Stored data:

########

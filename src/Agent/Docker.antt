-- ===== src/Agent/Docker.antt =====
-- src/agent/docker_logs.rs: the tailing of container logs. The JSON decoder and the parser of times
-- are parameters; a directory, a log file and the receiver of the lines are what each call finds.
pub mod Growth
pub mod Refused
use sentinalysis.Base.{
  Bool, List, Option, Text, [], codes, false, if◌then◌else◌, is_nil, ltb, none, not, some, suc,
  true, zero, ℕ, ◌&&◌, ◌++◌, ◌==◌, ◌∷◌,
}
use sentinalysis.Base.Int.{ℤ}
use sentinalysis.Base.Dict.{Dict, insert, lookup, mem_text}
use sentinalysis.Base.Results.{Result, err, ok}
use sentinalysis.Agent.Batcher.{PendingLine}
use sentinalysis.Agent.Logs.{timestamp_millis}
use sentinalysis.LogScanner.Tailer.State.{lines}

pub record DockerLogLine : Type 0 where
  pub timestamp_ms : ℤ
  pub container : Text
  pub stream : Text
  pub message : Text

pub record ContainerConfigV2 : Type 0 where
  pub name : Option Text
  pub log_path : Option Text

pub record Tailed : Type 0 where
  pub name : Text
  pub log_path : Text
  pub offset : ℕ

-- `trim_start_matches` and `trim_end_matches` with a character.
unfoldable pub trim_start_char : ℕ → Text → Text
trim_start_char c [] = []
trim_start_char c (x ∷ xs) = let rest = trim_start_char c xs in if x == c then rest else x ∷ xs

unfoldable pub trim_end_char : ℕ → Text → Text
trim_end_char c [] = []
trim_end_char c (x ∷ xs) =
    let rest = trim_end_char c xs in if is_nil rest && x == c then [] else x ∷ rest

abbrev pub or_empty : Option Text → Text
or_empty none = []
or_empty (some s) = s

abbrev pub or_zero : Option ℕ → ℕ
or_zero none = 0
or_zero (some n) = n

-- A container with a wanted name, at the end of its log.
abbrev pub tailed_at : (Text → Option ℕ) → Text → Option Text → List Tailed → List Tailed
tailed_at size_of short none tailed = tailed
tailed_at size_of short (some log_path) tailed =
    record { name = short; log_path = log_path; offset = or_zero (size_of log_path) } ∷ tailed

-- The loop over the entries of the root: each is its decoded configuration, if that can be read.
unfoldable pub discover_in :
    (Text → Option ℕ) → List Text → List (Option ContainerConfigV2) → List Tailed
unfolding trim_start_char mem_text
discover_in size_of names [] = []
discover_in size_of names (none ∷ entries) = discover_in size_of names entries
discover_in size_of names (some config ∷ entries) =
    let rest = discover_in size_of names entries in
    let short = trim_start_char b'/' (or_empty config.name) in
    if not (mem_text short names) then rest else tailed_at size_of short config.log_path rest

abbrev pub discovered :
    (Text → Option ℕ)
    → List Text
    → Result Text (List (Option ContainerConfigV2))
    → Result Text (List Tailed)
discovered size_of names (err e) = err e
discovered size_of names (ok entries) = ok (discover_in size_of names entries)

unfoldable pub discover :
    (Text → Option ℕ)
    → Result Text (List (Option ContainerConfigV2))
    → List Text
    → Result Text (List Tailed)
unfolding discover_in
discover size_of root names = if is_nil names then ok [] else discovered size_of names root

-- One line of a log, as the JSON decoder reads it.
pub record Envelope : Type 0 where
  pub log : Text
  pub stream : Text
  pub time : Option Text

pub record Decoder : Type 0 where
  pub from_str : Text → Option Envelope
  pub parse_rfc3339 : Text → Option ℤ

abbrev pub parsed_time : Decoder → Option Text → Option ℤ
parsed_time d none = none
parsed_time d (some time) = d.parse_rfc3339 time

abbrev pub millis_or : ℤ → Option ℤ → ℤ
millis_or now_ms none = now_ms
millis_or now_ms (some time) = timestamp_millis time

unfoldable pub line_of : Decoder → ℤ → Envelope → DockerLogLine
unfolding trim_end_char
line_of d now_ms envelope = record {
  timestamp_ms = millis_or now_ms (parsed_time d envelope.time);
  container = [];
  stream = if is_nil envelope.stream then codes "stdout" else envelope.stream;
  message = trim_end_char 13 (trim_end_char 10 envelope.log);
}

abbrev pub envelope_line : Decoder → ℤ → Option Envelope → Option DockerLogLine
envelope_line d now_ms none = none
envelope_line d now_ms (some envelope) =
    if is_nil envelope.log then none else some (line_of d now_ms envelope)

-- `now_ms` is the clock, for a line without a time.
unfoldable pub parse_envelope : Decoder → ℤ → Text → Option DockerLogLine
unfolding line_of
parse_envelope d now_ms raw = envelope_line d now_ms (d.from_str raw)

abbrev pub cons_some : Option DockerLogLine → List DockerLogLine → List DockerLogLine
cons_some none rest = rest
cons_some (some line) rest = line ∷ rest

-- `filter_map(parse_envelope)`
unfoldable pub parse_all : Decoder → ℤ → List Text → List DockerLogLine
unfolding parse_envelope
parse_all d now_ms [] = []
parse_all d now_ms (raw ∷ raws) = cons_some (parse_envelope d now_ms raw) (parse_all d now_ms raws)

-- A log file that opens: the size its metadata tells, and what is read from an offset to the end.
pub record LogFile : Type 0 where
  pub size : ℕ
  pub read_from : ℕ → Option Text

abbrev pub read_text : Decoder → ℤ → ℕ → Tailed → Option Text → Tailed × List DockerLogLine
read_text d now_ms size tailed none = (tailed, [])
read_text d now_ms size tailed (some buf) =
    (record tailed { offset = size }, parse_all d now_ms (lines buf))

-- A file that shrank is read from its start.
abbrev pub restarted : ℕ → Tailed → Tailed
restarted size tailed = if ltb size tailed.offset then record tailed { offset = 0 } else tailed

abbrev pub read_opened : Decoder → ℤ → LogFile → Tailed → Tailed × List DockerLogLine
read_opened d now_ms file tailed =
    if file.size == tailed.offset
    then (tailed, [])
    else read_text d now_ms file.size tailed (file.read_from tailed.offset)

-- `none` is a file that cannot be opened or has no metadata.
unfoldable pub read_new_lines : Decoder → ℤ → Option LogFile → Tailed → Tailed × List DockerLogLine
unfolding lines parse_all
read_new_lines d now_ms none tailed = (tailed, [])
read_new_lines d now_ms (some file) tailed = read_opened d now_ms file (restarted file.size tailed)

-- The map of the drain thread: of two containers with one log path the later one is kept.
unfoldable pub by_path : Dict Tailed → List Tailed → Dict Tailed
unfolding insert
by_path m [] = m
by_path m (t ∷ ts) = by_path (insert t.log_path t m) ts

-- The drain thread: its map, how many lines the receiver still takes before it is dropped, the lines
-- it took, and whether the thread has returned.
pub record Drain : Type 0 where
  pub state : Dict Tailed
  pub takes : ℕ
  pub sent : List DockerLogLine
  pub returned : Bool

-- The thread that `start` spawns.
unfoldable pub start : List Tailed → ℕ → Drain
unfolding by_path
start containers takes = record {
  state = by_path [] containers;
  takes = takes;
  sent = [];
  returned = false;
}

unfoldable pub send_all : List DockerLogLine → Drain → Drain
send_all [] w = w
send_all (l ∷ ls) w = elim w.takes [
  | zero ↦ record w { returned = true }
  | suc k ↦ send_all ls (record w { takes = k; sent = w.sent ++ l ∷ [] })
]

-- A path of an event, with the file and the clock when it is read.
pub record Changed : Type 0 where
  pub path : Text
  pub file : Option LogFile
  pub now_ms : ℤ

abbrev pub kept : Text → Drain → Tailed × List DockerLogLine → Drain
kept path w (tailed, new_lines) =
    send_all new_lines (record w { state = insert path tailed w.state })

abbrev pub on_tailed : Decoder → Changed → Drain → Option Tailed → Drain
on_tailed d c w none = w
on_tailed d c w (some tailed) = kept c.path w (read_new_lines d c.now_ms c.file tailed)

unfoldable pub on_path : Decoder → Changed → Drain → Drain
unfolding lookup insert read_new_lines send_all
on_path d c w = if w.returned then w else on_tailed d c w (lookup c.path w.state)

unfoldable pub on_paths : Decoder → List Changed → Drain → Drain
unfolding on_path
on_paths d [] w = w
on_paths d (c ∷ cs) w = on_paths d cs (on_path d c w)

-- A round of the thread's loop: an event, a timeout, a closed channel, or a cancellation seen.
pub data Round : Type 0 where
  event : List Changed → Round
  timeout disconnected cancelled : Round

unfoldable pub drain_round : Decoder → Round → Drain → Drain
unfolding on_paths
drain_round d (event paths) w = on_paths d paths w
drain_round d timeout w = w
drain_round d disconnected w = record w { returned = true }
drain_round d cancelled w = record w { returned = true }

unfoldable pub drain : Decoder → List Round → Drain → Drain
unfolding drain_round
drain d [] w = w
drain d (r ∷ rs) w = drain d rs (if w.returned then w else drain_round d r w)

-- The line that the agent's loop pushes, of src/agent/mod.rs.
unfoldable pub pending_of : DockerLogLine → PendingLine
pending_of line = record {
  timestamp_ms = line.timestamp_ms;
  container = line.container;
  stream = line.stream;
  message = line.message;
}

########

Task prompt :: Copy the lines of the data above exactly as written, beginning with the line containing "-- it took, and" and ending with the line containing "send_all (l ∷", and leave out all other lines.

Answer to this task ::
-- it took, and whether the thread has returned.
pub record Drain : Type 0 where
  pub state : Dict Tailed
  pub takes : ℕ
  pub sent : List DockerLogLine
  pub returned : Bool

-- The thread that `start` spawns.
unfoldable pub start : List Tailed → ℕ → Drain
unfolding by_path
start containers takes = record {
  state = by_path [] containers;
  takes = takes;
  sent = [];
  returned = false;
}

unfoldable pub send_all : List DockerLogLine → Drain → Drain
send_all [] w = w
send_all (l ∷ ls) w = elim w.takes [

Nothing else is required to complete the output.